Comunicazione universale: si può inventare un linguaggio che tutti possano parlare?

Sin dall’alba dei tempi, l’umanità ha costantemente desiderato un mezzo di comunicazione universale, capace di superare le barriere linguistiche e culturali che separano persone, comunità, talvolta anche nazioni.

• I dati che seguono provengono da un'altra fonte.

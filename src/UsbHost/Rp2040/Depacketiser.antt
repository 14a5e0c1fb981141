-- ===== src/UsbHost/Rp2040/Depacketiser.antt =====
-- cotton-usb-host/src/host/rp2040.rs: the depacketisers, which take the buffers back one after
-- another and, for an `In` transfer, copy what they hold to the caller's buffer.
use cotton.Prelude.{ℕ, ◌+◌, ◌-◌, min, Bool, true, false, not, length, ltb, leb, if◌then◌else◌}
use cotton.Prelude.Bytes.{Bytes}
use cotton.Prelude.Outcome.{Outcome, returns, assert, ◌>>=◌, ◌>>◌}
use cotton.UsbHost.Rp2040.Dpram.{Dpram, slot, next, base, load, store}

-- What both implementations of `retire` are to their caller.
pub record Depacketiser (D : Type 0) : Type 0 where
  pub retire : D → Dpram → Outcome (Bool × D)

pub record InDepacketiser : Type 0 where
  pub next_retire : ℕ
  pub packet_parity : Bool
  pub remain : ℕ
  pub offset : ℕ
  pub buf : Bytes

unfoldable pub new_in : ℕ → Bytes → InDepacketiser
new_in size buf = record {
  next_retire = 0;
  packet_parity = false;
  remain = size;
  offset = 0;
  buf = buf;
}

abbrev pub total : InDepacketiser → ℕ
total p = p.offset

-- `self.buf[self.offset]` panics out of range; a copy that goes past the end of `buf` would be
-- undefined behaviour, and counts as a panic too.
abbrev pub copy : ℕ → InDepacketiser → Bytes → Outcome Bytes
copy n p memory = do
  assert (ltb p.offset (length p.buf))
  assert (leb (p.offset + n) (length p.buf))
  returns (store p.offset (load (base p.next_retire) n memory) p.buf)

abbrev pub copy_in : ℕ → InDepacketiser → Bytes → Outcome Bytes
copy_in n p memory = if ltb 0 n then copy n p memory else returns p.buf

abbrev pub receive : ℕ → InDepacketiser → Dpram → Outcome (Bool × InDepacketiser)
receive this_packet p d = do
  buf ← copy_in this_packet p d.memory
  returns (
    true,
    record p {
      packet_parity = not p.packet_parity;
      remain = p.remain - this_packet;
      offset = p.offset + this_packet;
      next_retire = next p.next_retire;
      buf = buf;
    },
  )

unfoldable pub retire_in : InDepacketiser → Dpram → Outcome (Bool × InDepacketiser)
retire_in p d =
    if (slot p.next_retire (d.controls 0)).full
    then receive (min p.remain (slot p.next_retire (d.controls 0)).length) p d
    else returns (false, p)

abbrev pub In : Depacketiser InDepacketiser
In = record { retire = retire_in }

pub record OutDepacketiser : Type 0 where
  pub next_retire : ℕ
  pub packet_parity : Bool

unfoldable pub new_out : OutDepacketiser
new_out = record { next_retire = 0; packet_parity = false }

unfoldable pub retire_out : OutDepacketiser → Dpram → Outcome (Bool × OutDepacketiser)
retire_out p d =
    if (slot p.next_retire (d.controls 0)).full
    then returns (false, p)
    else returns
        (true, record { packet_parity = not p.packet_parity; next_retire = next p.next_retire })

abbrev pub Out : Depacketiser OutDepacketiser
Out = record { retire = retire_out }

Questo desiderio, radicato nella nostra natura sociale e nella nostra incessante ricerca di connessione, ha generato innumerevoli tentativi e riflessioni sulla possibilità di una lingua universale.
Ma una lingua universale può esistere davvero?

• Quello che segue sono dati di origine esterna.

-- ===== src/UsbHost/Rp2040/Pac.antt =====
-- The crates rp2040_pac and rtic_common, as cotton-usb-host/src/host/rp2040.rs uses them: the
-- registers of the chip, and the wakers. They and the chip behind them are a parameter, over states
-- of any type `H`; `W` is the type of the tasks that are woken.
use cotton.Prelude.{ℕ, Bool, List}

pub data Register : Type 0 where
  reset usb_muxing usb_pwr main_ctrl sie_ctrl sie_status : Register
  inte ints intr buff_status addr_endp nak_poll int_ep_ctrl ep_status_stall_nak : Register
  epx_control setup_packet_low setup_packet_high nvic : Register
  host_addr_endp ep_control : ℕ → Register

pub data Field : Type 0 where
  usbctrl to_phy softcon vbus_detect vbus_detect_override_en : Field
  sim_timing host_ndevice controller_en pulldown_en vbus_en keep_alive_en sof_en : Field
  host_conn_dis speed buff_status_field : Field
  bm_request_type b_request w_value w_length w_index : Field
  address endpoint intep_dir delay_fs delay_ls : Field
  buffer_address interrupt_per_buff enable double_buffered endpoint_type host_poll_interval : Field
  receive_data send_data send_setup start_trans reset_bus : Field
  trans_complete data_seq_error stall_rec rx_overflow rx_timeout bit_stuff_error crc_error : Field
  error_data_seq stall error_rx_timeout error_rx_overflow error_bit_stuff error_crc : Field

pub data EndpointType : Type 0 where
  control isochronous bulk interrupt : EndpointType

-- One call on the writer `w`, by the source's name; `kind` is `endpoint_type().bulk()` and its like,
-- `all` is `w.bits(n)`.
pub data Setting : Type 0 where
  set_bit clear_bit : Field → Setting
  bit : Field → Bool → Setting
  bits : Field → ℕ → Setting
  kind : EndpointType → Setting
  all : ℕ → Setting

-- A `CriticalSectionWakerRegistration` of `UsbShared`.
pub data Waker : Type 0 where
  device_waker : Waker
  pipe_waker : ℕ → Waker

pub record Pac (H W : Type 0) : Type 0 where
  pub read : Register → H → ℕ
  pub write : Register → List Setting → H → H
  pub modify : Register → List Setting → H → H
  pub flag : Field → ℕ → Bool
  pub field : Field → ℕ → ℕ
  pub unpend_and_unmask : H → H
  pub register : Waker → W → H → H
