-- ===== src/UsbHost/Rp2040/Polls.antt =====
-- Code of cotton-usb-host/src/host/rp2040.rs that awaits: the executor polls it again and again, and
-- before each poll the rest of the world acts. A schedule lists those actions; where it ends, the
-- future is still pending.
pub mod Ends
use cotton.Prelude.{List, [], ◌∷◌, Option, none, some}
use cotton.Prelude.Outcome.{Outcome, returns, panics}

pub data Progress (S A : Type 0) : Type 0 where
  ready : A → List (S → S) → S → Progress S A
  pending : S → Progress S A
  panicked : Progress S A

abbrev pub Async : Type 0 → Type 0 → Type 0
Async S A = List (S → S) → S → Progress S A

abbrev pub proceed : {S A B : Type 0} → (A → Async S B) → Progress S A → Progress S B
proceed f (ready a later s) = f a later s
proceed f (pending s) = pending s
proceed f panicked = panicked

infixl 5 ◌>>=◌ ◌>>◌
abbrev pub ◌>>=◌ : {S A B : Type 0} → Async S A → (A → Async S B) → Async S B
◌>>=◌ m f later s = proceed f (m later s)

abbrev pub ◌>>◌ : {S A B : Type 0} → Async S A → Async S B → Async S B
m >> k = m >>= λ _. k

abbrev pub ret : {S A : Type 0} → A → Async S A
ret a later s = ready a later s

-- Code between two awaits.
abbrev pub at_once : {S A : Type 0} → List (S → S) → Outcome (A × S) → Progress S A
at_once later (returns (a, s)) = ready a later s
at_once later panics = panicked

abbrev pub sync : {S A : Type 0} → (S → Outcome (A × S)) → Async S A
sync f later s = at_once later (f s)

abbrev pub act : {S : Type 0} → (S → S) → Async S (Unit {0})
act f later s = ready tt later (f s)

abbrev pub lift : {S A : Type 0} → Outcome A → Async S A
lift (returns a) later s = ready a later s
lift panics later s = panicked

-- `f.await` of a future whose `poll` is `f`, where `none` is `Poll::Pending`.
module _ {S A : Type 0} (f : S → Outcome (Option A × S)) where
  abbrev pub polled : (S → Progress S A) → List (S → S) → Outcome (Option A × S) → Progress S A
  polled again later (returns (some a, s)) = ready a later s
  polled again later (returns (none, s)) = again s
  polled again later panics = panicked

  abbrev pub wait : Async S A
  wait [] s = pending s
  wait (world ∷ later) s = polled (wait later) later (f (world s))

L’essenza stessa del linguaggio umano è stata oggetto di dibattito tra linguisti, filosofi e scienziati per secoli.
Una prima e fondamentale domanda sorge spontanea: il linguaggio è innato o appreso? Noam Chomsky, eminente linguista e cognitivista statunitense, ha proposto l’idea di una grammatica universale, suggerendo che i bambini nascono con una predisposizione innata per riconoscere e apprendere la struttura grammaticale delle lingue. Questa prospettiva solleverebbe interrogativi affascinanti sulle radici della nostra capacità linguistica e sulla sua connessione con la nostra eredità genetica.

Noam Chomsky, linguista, cognitivista, filosofo e professore statunitense


La ricerca della lingua universale non si limita alla teoria linguistica, ma si estende anche alla pratica. Diverse iniziative hanno tentato di creare lingue artificiali o semplificate che potrebbero fungere da ponti tra culture e nazioni. Si parla ad esempio dell’esperanto, creato da Ludwig Zamenhof nel 1887, che è uno dei tentativi più noti di realizzare un linguaggio globale. Concepita come una lingua neutrale e facile da apprendere, l’esperanto ha attratto seguaci in tutto il mondo, a riprova che esiste davvero un desiderio universale di superare le barriere linguistiche.

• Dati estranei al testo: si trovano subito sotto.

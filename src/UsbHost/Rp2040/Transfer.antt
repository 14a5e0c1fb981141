-- ===== src/UsbHost/Rp2040/Transfer.antt =====
-- cotton-usb-host/src/host/rp2040.rs: one transaction of the shared endpoint, a SETUP packet or the
-- packets of a transfer. `task` is the waker of the context that polls; traces are left out.
use cotton.Prelude.{
  ℕ, zero, suc, ◌+◌, ◌-◌, ◌*◌, ◌/◌, ◌^◌, Bool, true, false, Option, none, some, List, [], ◌∷◌, ◌==◌,
  bit_and, if◌then◌else◌,
}
use cotton.Prelude.Outcome.{Outcome, returns, panics}
use cotton.Prelude.Result.{Result, ok, err}
use cotton.UsbHost.HostController.{UsbError}
use cotton.UsbHost.Pool.{Pool}
use cotton.UsbHost.Wire.Descriptors.{SetupPacket}
use cotton.UsbHost.Rp2040.Dpram.{Dpram, no_buffers, put_control}
use cotton.UsbHost.Rp2040.Pac.{
  Register, sie_ctrl, sie_status, inte, intr, addr_endp, epx_control, setup_packet_low,
  setup_packet_high, Field, Setting, set_bit, clear_bit, bits, all, pipe_waker, Pac,
}
use cotton.UsbHost.Rp2040.Polls.{Progress, ready, pending, Async}

pub data Direction : Type 0 where
  dir_in dir_out : Direction

-- `Rp2040HostController` with its `UsbStatics`: the chip's registers, the shared memory, the pipes.
pub record Usb (H W : Type 0) : Type 0 where
  pub regs : H
  pub dpram : Dpram
  pub control_pipes : Pool W
  pub bulk_pipes : Pool W

-- The locals of `control_transfer_inner`.
pub record Inner (P D : Type 0) : Type 0 where
  pub packetiser : P
  pub depacketiser : D
  pub in_flight : ℕ
  pub started : Bool

abbrev pub is_in : Direction → Bool
is_in dir_in = true
is_in dir_out = false

-- `if b { … }` around calls on a writer.
abbrev pub when : Bool → List Setting → List Setting
when true settings = settings
when false settings = []

abbrev pub errors : List Setting
errors =
    set_bit Field.trans_complete
    ∷ set_bit Field.error_data_seq
    ∷ set_bit Field.stall
    ∷ set_bit Field.error_rx_timeout
    ∷ set_bit Field.error_rx_overflow
    ∷ set_bit Field.error_bit_stuff
    ∷ set_bit Field.error_crc
    ∷ []

abbrev pub no_errors : List Setting
no_errors =
    clear_bit Field.trans_complete
    ∷ clear_bit Field.error_data_seq
    ∷ clear_bit Field.stall
    ∷ clear_bit Field.error_rx_timeout
    ∷ clear_bit Field.error_rx_overflow
    ∷ clear_bit Field.error_bit_stuff
    ∷ clear_bit Field.error_crc
    ∷ []

-- `size / packet_size + 1`; `/` panics at 0.
unfoldable pub packets_of : ℕ → ℕ → Outcome ℕ
packets_of size zero = panics
packets_of size (suc n) = returns (size / suc n + 1)

module _ {H W : Type 0} where
  abbrev pub on_regs : (H → H) → Usb H W → Usb H W
  on_regs f s = record s { regs = f s.regs }

  abbrev pub clear_buffers : Usb H W → Usb H W
  clear_buffers s = record s { dpram = put_control 0 no_buffers s.dpram }

module _ {H W : Type 0} (pac : Pac H W) where
  abbrev pub write : Register → List Setting → Usb H W → Usb H W
  write r settings = on_regs (pac.write r settings)

  abbrev pub modify : Register → List Setting → Usb H W → Usb H W
  modify r settings = on_regs (pac.modify r settings)

  -- The error that a status shows, in the order of the code.
  unfoldable pub error_of : ℕ → Option UsbError
  error_of status =
      if pac.flag Field.data_seq_error status
      then some UsbError.data_seq_error
      else if pac.flag Field.stall_rec status
      then some UsbError.stall
      else if pac.flag Field.rx_overflow status
      then some UsbError.overflow
      else if pac.flag Field.rx_timeout status
      then some UsbError.timeout
      else if pac.flag Field.bit_stuff_error status
      then some UsbError.bit_stuff_error
      else if pac.flag Field.crc_error status
      then some UsbError.crc_error
      else none

  module _ (task : W) where
    -- `Rp2040ControlEndpoint::poll`; the numbers are 0x458 and 0xFF08_0000.
    unfoldable pub poll : Usb H W → Option ℕ × Usb H W
    poll s =
        if bit_and (pac.read intr (registered s).regs) 1112 == 0
        then (
          none,
          modify inte
              (set_bit Field.stall
                ∷ set_bit Field.error_rx_timeout
                ∷ set_bit Field.trans_complete
                ∷ [])
              polled,
        )
        else (some (pac.read sie_status (registered s).regs), polled)
      where
        registered : Usb H W → Usb H W
        registered = on_regs (pac.register (pipe_waker 0) task)

        polled : Usb H W
        polled = write sie_status (all (255 * 2 ^ 24 + 8 * 2 ^ 16) ∷ []) (registered s)

    -- The loop of `send_setup`, from its await on.
    abbrev pub setup_error :
        (Usb H W → Progress (Usb H W) (Result UsbError (Unit {0})))
        → List (Usb H W → Usb H W)
        → Usb H W
        → Option UsbError
        → Progress (Usb H W) (Result UsbError (Unit {0}))
    setup_error again later s (some e) = ready (err e) later s
    setup_error again later s none = again s

    abbrev pub setup_polled :
        (Usb H W → Progress (Usb H W) (Result UsbError (Unit {0})))
        → List (Usb H W → Usb H W)
        → Option ℕ × Usb H W
        → Progress (Usb H W) (Result UsbError (Unit {0}))
    setup_polled again later (none, s) = again s
    setup_polled again later (some status, s) =
        if pac.flag Field.trans_complete status
        then ready (ok tt) later s
        else setup_error again later s (error_of status)

    unfoldable pub await_setup : Async (Usb H W) (Result UsbError (Unit {0}))
    await_setup [] s = pending s
    await_setup (world ∷ later) s = setup_polled (await_setup later) later (poll (world s))

    unfoldable pub start_setup : ℕ → SetupPacket → Usb H W → Usb H W
    start_setup address setup s = modify sie_ctrl (set_bit Field.start_trans ∷ []) (
        modify sie_ctrl
          (clear_bit Field.receive_data ∷ clear_bit Field.send_data ∷ set_bit Field.send_setup ∷ [])
          (write addr_endp (bits Field.endpoint 0 ∷ bits Field.address address ∷ []) (
            write sie_status (all (2 ^ 32 - 1) ∷ []) (
              write setup_packet_high
                (bits Field.w_length setup.w_length ∷ bits Field.w_index setup.w_index ∷ [])
                (write setup_packet_low
                  (bits Field.bm_request_type setup.bm_request_type
                    ∷ bits Field.b_request setup.b_request
                    ∷ bits Field.w_value setup.w_value
                    ∷ [])
                  (clear_buffers (
                    write epx_control
                      (bits Field.buffer_address 384
                        ∷ clear_bit Field.interrupt_per_buff
                        ∷ clear_bit Field.enable
                        ∷ [])
                      s)))))))

    unfoldable pub send_setup : ℕ → SetupPacket → Async (Usb H W) (Result UsbError (Unit {0}))
    send_setup address setup later s = await_setup later (start_setup address setup s)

All’esperanto si sono sommati altri progetti, come il lojban, una lingua logica il cui obiettivo è quello di eliminare le ambiguità linguistiche, o come il globish, incentrato sulla semplificazione e standardizzazione dell’inglese per scopi comunicativi internazionali. Queste lingue semplificate, sebbene non ancora universalmente accettate, rappresentano tentativi di risolvere i problemi pratici della comunicazione interculturale nel mondo moderno.

Tuttavia, la ricerca di una lingua universale non si limita al contesto terrestre. Nell’ambito della ricerca scientifica, si è speculato sulla possibilità di utilizzare il linguaggio matematico o le leggi della fisica come mezzi di comunicazione interspaziali. Concetti come il lincos, una lingua cosmica proposta da Hans Freudenthal, o la comunicazione basata sulla fisica quantistica, aprono nuove prospettive su come potremmo comunicare con civiltà extraterrestri o esplorare il cosmo. Sembra fantascienza, sì, ma cosa c’è di più universale se non la scienza dura della matematica?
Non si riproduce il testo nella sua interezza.